Also known as tube gastrectomy, is where approximately 70 - 80% of the stomach is completely removed effectively turning the stomach, which is like a big bag normally into a small tube. The biggest advantage is that there is no foreign device to fail or cause obstruction and there is no major alteration in the gastro-intestinal tract. Patients will feel full with an entrée size portion, but also once they get beyond the normal post-operative recovery period can eat most foods, which is a major advantage over gastric banding.

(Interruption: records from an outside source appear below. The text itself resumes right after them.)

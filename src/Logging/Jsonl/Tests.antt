-- ===== src/Logging/Jsonl/Tests.antt =====
-- The JSON log with objects that are printed as their message.
use http_nu.Common.{
  ◌≡◌, refl, true, false, List, [], ◌∷◌, ◌++◌, Option, none, some, Bytes, lookup, text_eq,
}
use http_nu.Value.{Json, json_string, json_object, member}
use http_nu.Logging.Line.{lit}
use http_nu.Logging.Human.{About, event, stopped, stopping}
use http_nu.Logging.Jsonl.{Out, Item, run_jsonl_handler}
use http_nu.Logging.Jsonl.Lines.{lines, run_jsonl_handler-lines}

abbrev about : About
about = record {
  version = lit "0.1";
  pid = 7;
  rfc2822 = lit "now";
  nu_version = lit "0.2";
  xs_version = none;
  datastar_version = lit "1";
}

abbrev message : Json → Option Bytes
message (json_object (member k j (member l (json_string s) ms))) = some s
message j = none

abbrev empty_out : Out
empty_out = record { written = []; buffered = [] }

-- The line of `stopping` is written with that of `stopped`.
abbrev two_items : List Item
two_items =
    record { stamp = []; received = event (stopping 1); idle = false }
    ∷ record { stamp = []; received = event stopped; idle = false }
    ∷ []

run_jsonl_handler-lines_example :
    ((run_jsonl_handler about message two_items empty_out).buffered ≡ [])
    × ((run_jsonl_handler about message two_items empty_out).written
        ≡ (empty_out.written ++ empty_out.buffered) ++ lines about message two_items)
run_jsonl_handler-lines_example =
    run_jsonl_handler-lines about message
      (record { stamp = []; received = event (stopping 1); idle = false } ∷ [])
      (record { stamp = []; received = event stopped; idle = false }) empty_out tt

written_lines :
    (run_jsonl_handler about message two_items empty_out).written ≡ lit "stopping\nstopped\n"
unfolding run_jsonl_handler http_nu.Common.utf8
written_lines = refl

-- `stopping` alone stays in the buffer when more is to come.
kept_back :
    (run_jsonl_handler about message
      (record { stamp = []; received = event (stopping 1); idle = false } ∷ [])
      empty_out).written
    ≡ []
unfolding run_jsonl_handler http_nu.Common.utf8
kept_back = refl
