-- ===== src/Logging/Tests.antt =====
-- The logging of src/logging.rs on concrete events.
use http_nu.Common.{
  ◌^◌, ◌==◌, true, false, ℕ, ◌*◌, ◌≤◌, ◌≡◌, refl, List, [], ◌∷◌, ◌++◌, reverse, Option, none, some,
  Text, Bytes, codes, length, text_eq, utf8, arith,
}
use http_nu.Logging.F64.{of_nat, add, sub, mul, div, as_secs_f64}
use http_nu.Logging.Bucket.{TokenBucket, new_bucket, try_consume}
use http_nu.Logging.Line.{RequestState, Clock, lit, truncate_middle}
use http_nu.Logging.Line.Truncate.{Ascii, truncate_middle_lem}
use http_nu.Logging.Zone.{println, in_flight}
use http_nu.Logging.Human.{
  reloaded, Received, event, lagged_by, closed, run_human_handler, complete, About, Human,
  handle_event,
}
use http_nu.Logging.Human.Log.{Logs, log_lines, handle_event-Logs}
use http_nu.Logging.Human.Table.{Tracked, handle_event-Tracked}
use http_nu.Logging.Human.Total.{AsciiPaths, handle_event_total}
use http_nu.Logging.Human.Run.{Kept, run_human_handler-Kept}

abbrev second : ℕ
second = 1_000_000_000

-- A tenth is the double next to it, and three of them are not three tenths.
a_tenth : div (of_nat 1) (of_nat 10) ≡ 3_602_879_701_896_397 * 2 ^ 1019
unfolding div of_nat
a_tenth = refl

three_tenths :
    (add (div (of_nat 1) (of_nat 10)) (div (of_nat 2) (of_nat 10)) == div (of_nat 3) (of_nat 10))
    ≡ false
unfolding add div of_nat
three_tenths = refl

-- Two requests at once, the third comes too early, and the fourth after the refill.
abbrev bucket_at : List ℕ → TokenBucket
bucket_at [] = new_bucket (of_nat 2) (of_nat 1) 0
bucket_at (now ∷ earlier) = (try_consume (bucket_at earlier) now).0

third_is_skipped :
    ((try_consume (bucket_at (0 ∷ 0 ∷ [])) 10_000_000).1 ≡ false)
    × ((try_consume (bucket_at (10_000_000 ∷ 0 ∷ 0 ∷ [])) second).1 ≡ true)
unfolding try_consume new_bucket of_nat add sub mul div as_secs_f64
third_is_skipped = (refl, refl)

abbrev long_path : Bytes
long_path = lit "/abcdefghijklmnopqrstuvwxyz/0123456789/end"

truncate_middle_lem_example :
    ((r : Bytes)
      → truncate_middle (b'/' ∷ b'a' ∷ b'b' ∷ b'c' ∷ b'd' ∷ b'e' ∷ []) 5 ≡ some r
      → length r ≤ 5)
    × (Ascii (b'/' ∷ b'a' ∷ b'b' ∷ b'c' ∷ b'd' ∷ b'e' ∷ [])
        → (r : Bytes) × (truncate_middle (b'/' ∷ b'a' ∷ b'b' ∷ b'c' ∷ b'd' ∷ b'e' ∷ []) 5 ≡ some r))
truncate_middle_lem_example =
    truncate_middle_lem (b'/' ∷ b'a' ∷ b'b' ∷ b'c' ∷ b'd' ∷ b'e' ∷ []) 5 (omega arith)

shortened_path : truncate_middle long_path 11 ≡ some (lit "/abc.../end")
unfolding truncate_middle utf8
shortened_path = refl

-- Two bytes for the second character: the cut would split it.
cut_in_a_character : truncate_middle (lit "/éabcdefgh") 7 ≡ none
unfolding truncate_middle utf8
cut_in_a_character = refl

abbrev noon : Clock
noon = record { now = 5 * second; timestamp = lit "12:00:00.000"; seconds = (λ n. lit "   5.0") }

abbrev about : About
about = record {
  version = lit "0.1";
  pid = 7;
  rfc2822 = lit "now";
  nu_version = lit "0.2";
  xs_version = none;
  datastar_version = lit "1";
}

abbrev get_request : RequestState
get_request = record {
  method = lit "GET";
  path = lit "/";
  trusted_ip = none;
  start_time = 0;
  status = some 200;
  latency_ms = some 3;
}

abbrev id : Text
id = codes "0a"

abbrev one_in_flight : Human
one_in_flight = record {
  zone = record {
    stdout = println (lit "x") ∷ println in_flight ∷ println (lit "reloaded") ∷ [];
    line_count = 2;
  };
  requests = (id, get_request) ∷ [];
  active_ids = id ∷ [];
  rate_limiter = new_bucket (of_nat 40) (of_nat 20) 0;
  skipped = 0;
  lagged = 0;
}

abbrev or_human : Option Human → Human
or_human none = one_in_flight
or_human (some h) = h

abbrev after_complete : Human
after_complete = or_human (handle_event about noon (complete id 10 4) one_in_flight)

handle_event-Logs_example :
    Logs after_complete
      (reverse (log_lines about noon one_in_flight (complete id 10 4)) ++ lit "reloaded" ∷ [])
unfolding handle_event text_eq utf8
handle_event-Logs_example =
    handle_event-Logs about noon (complete id 10 4) one_in_flight after_complete
      (lit "reloaded" ∷ []) ((lit "x" ∷ in_flight ∷ [], refl, refl), omega arith) (omega arith) refl

handle_event-Tracked_example : Tracked after_complete
unfolding handle_event text_eq utf8
handle_event-Tracked_example =
    handle_event-Tracked about noon (complete id 10 4) one_in_flight after_complete refl tt refl

handle_event_total_example :
    (h' : Human) × (handle_event about noon (complete id 10 4) one_in_flight ≡ some h')
    × AsciiPaths h'
unfolding utf8
handle_event_total_example =
    handle_event_total about noon (complete id 10 4) one_in_flight ((omega arith, tt), tt) tt

abbrev history : List (Clock × Received)
history =
    (noon, event (complete id 10 4))
    ∷ (noon, lagged_by 3)
    ∷ (noon, event reloaded)
    ∷ (noon, closed)
    ∷ []

run_human_handler-Kept_example :
    Kept (run_human_handler about history one_in_flight) (lit "reloaded" ∷ [])
unfolding utf8
run_human_handler-Kept_example =
    run_human_handler-Kept about history one_in_flight (lit "reloaded" ∷ [])
      ((lit "x" ∷ in_flight ∷ [], refl, refl), omega arith) ((omega arith, tt), tt)
      (tt, (tt, (tt, (tt, tt)))) (omega arith)
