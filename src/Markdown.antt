-- ===== src/Markdown.antt =====
-- src/commands.rs, `.md`, and the choice of a syntax behind it and `.highlight`. The Markdown parser,
-- the writer of HTML, the escaping and the highlighting of lines are other crates': fields of
-- `Renderer` and of `Syntaxes`. On the left of a result, an error.
pub mod Safe
mod Tests
use http_nu.Common.{
  Bool, true, false, List, [], ◌∷◌, ◌++◌, Option, none, some, ◌⊎◌, inl, inr, Text, codes,
  if◌then◌else◌, is_whitespace, trim_start, or_option, ◌>>=◌,
}
use http_nu.Value.{
  Value, string, columns, Columns, end, column, get, as_str, PipelineData, value, byte_stream,
  ByteStream, Metadata,
}

pub data CodeBlockKind : Type 0 where
  fenced : Text → CodeBlockKind
  indented : CodeBlockKind

-- The events of the parser; `O` is the type of those that pass through.
pub data Event (O : Type 0) : Type 0 where
  start_code : CodeBlockKind → Event O
  end_code : Event O
  text : Text → Event O
  html : Text → Event O
  inline_html : Text → Event O
  other_event : O → Event O

-- What `SyntaxHighlighter` takes from syntect: the two searches, the plain syntax, and the generator.
pub record Syntaxes (S : Type 0) : Type 0 where
  pub by_token : Text → Option S
  pub by_extension : Text → Option S
  pub plain_text : S
  pub generate : S → Text → Text
  pub into_string : ByteStream → Text ⊎ Text

module _ {S : Type 0} (x : Syntaxes S) where
  abbrev pub syntax_or : Option S → S
  syntax_or none = x.plain_text
  syntax_or (some s) = s

  abbrev pub find_syntax : Option Text → Option S
  find_syntax none = none
  find_syntax (some lang) = or_option (x.by_token lang) (x.by_extension lang)

  -- `SyntaxHighlighter::highlight`.
  unfoldable pub highlight : Text → Option Text → Text
  highlight code lang = x.generate (syntax_or (find_syntax lang)) code

pub record Renderer (O S : Type 0) : Type 0 where
  pub into_value : PipelineData → Text ⊎ Value
  pub parse : Text → List (Event O)
  pub push_html : List (Event O) → Text
  pub escape : Text → Text
  pub syntaxes : Syntaxes S
  pub get_type : Value → Text
  pub as_str_error : Value → Text

unfoldable pub take_word : Text → Text
unfolding is_whitespace
take_word [] = []
take_word (c ∷ s) = let more = take_word s in if is_whitespace c then [] else c ∷ more

-- `info.split_whitespace().next().unwrap_or("")`.
unfoldable pub first_word : Text → Text
unfolding take_word trim_start
first_word s = take_word (trim_start s)

abbrev pub non_empty : Text → Option Text
non_empty [] = none
non_empty (c ∷ s) = some (c ∷ s)

unfoldable pub lang_of : CodeBlockKind → Option Text
unfolding first_word
lang_of (fenced info) = non_empty (first_word info)
lang_of indented = none

pub record State : Type 0 where
  pub in_code_block : Bool
  pub current_code : Text
  pub current_lang : Option Text

abbrev pub initial : State
initial = record { in_code_block = false; current_code = []; current_lang = none }

abbrev pub html_value : Text → Value
html_value t = columns (column (codes "__html") (string t) end)

module _ {O S : Type 0} (r : Renderer O S) where
  abbrev pub class_part : Option Text → Text
  class_part none = []
  class_part (some lang) = codes " class=\"language-" ++ r.escape lang ++ codes "\""

  unfoldable pub code_html : Text → Option Text → Text
  unfolding highlight
  code_html code lang =
      codes "<pre><code"
      ++ class_part lang
      ++ codes ">"
      ++ highlight r.syntaxes code lang
      ++ codes "</code></pre>"

  -- The closure that the events are mapped by, with `trusted`.
  unfoldable pub convert : Bool → State → Event O → Event O × State
  unfolding lang_of code_html
  convert trusted s (start_code kind) =
      (text [], record { in_code_block = true; current_code = []; current_lang = lang_of kind })
  convert trusted s end_code =
      (html (code_html s.current_code s.current_lang), record s { in_code_block = false })
  convert trusted s (text t) =
      if s.in_code_block
      then (text [], record s { current_code = s.current_code ++ t })
      else (text t, s)
  convert trusted s (html h) = (if trusted then html h else text h, s)
  convert trusted s (inline_html h) = (if trusted then inline_html h else text h, s)
  convert trusted s (other_event o) = (other_event o, s)

  unfoldable pub convert_all : Bool → State → List (Event O) → List (Event O)
  unfolding convert
  convert_all trusted s [] = []
  convert_all trusted s (e ∷ es) =
      let (e', s') = convert trusted s e in e' ∷ convert_all trusted s' es

  abbrev pub trusted_html : Value → Text ⊎ (Text × Bool)
  trusted_html (string t) = inr (t, true)
  trusted_html v = inl (r.as_str_error v)

  abbrev pub record_html : Option Value → Text ⊎ (Text × Bool)
  record_html none = inl (codes "expected string or {__html: ...}")
  record_html (some v) = trusted_html v

  -- The text of the input, and whether it is trusted.
  unfoldable pub markdown_of : Value → Text ⊎ (Text × Bool)
  unfolding get
  markdown_of (string t) = inr (t, false)
  markdown_of (columns cs) = record_html (get (codes "__html") cs)
  markdown_of v = inl (codes "expected string or {__html: ...}, got " ++ r.get_type v)

  abbrev pub rendered : Text ⊎ (Text × Bool) → Text ⊎ Value
  rendered (inl e) = inl e
  rendered (inr (t, trusted)) =
      inr (html_value (r.push_html (convert_all trusted initial (r.parse t))))

  abbrev pub run_value : Text ⊎ Value → Text ⊎ Value
  run_value (inl e) = inl e
  run_value (inr v) = rendered (markdown_of v)

  -- `MdCommand::run`.
  unfoldable pub run : PipelineData → Text ⊎ Value
  unfolding markdown_of convert_all
  run input = run_value (r.into_value input)

module _ {S : Type 0} (x : Syntaxes S) where
  abbrev pub code_of : PipelineData → Text ⊎ Text
  code_of (value (string t) meta) = inr t
  code_of (byte_stream s meta) = x.into_string s
  code_of _ = inl (codes "expected string input")

  abbrev pub highlighted : Text → Text ⊎ Text → Text ⊎ Value
  highlighted lang (inl e) = inl e
  highlighted lang (inr code) = inr (html_value (highlight x code (some lang)))

  -- `HighlightCommand::run`.
  unfoldable pub run_highlight : Text → PipelineData → Text ⊎ Value
  unfolding highlight
  run_highlight lang input = highlighted lang (code_of input)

The other major effect of the procedure is to remove the part of the stomach that secretes Ghrelin, a hormone that plays a major role in determining how hungry we get. When normal people go on a diet as they lose weight the stomach starts to produce more and more Ghrelin, which acts on the brain to increase appetite. Often people who are dieting have the sensation that they are starving to death. Patients who have had a sleeve gastrectomy generally have a greatly reduced appetite, and as they lose weight they do not suffer the hunger pains experienced by dieters.
Sleeve gastrectomy is suitable for most morbidly obese patients. It has a clear role in super obese or high-risk patients where it may be used as the first operation in a staged 2-part surgery to greatly reduce the operative risks in these patients. Following the sleeve gastrectomy patients are allowed to lose weight for 12 months at which stage they are reassessed to determine whether they have lost enough weight which many will have.
If weight loss has not been satisfactory patients can then have a second operation where they are converted to either a gastric bypass or bilio-pancreatic diversion procedure. This combination or 2 stage approach greatly reduces the risk in other wise high-risk patients and ultimately allows a much more effective procedure to be performed. Sleeve gastrectomy as a stand-alone procedure may also be performed in individuals as an alternative to either laparoscopic gastric banding or laparoscopic gastric bypass. It is an especially good option for country patients as there is not the same need for intensive follow up and readjustments required with gastric banding.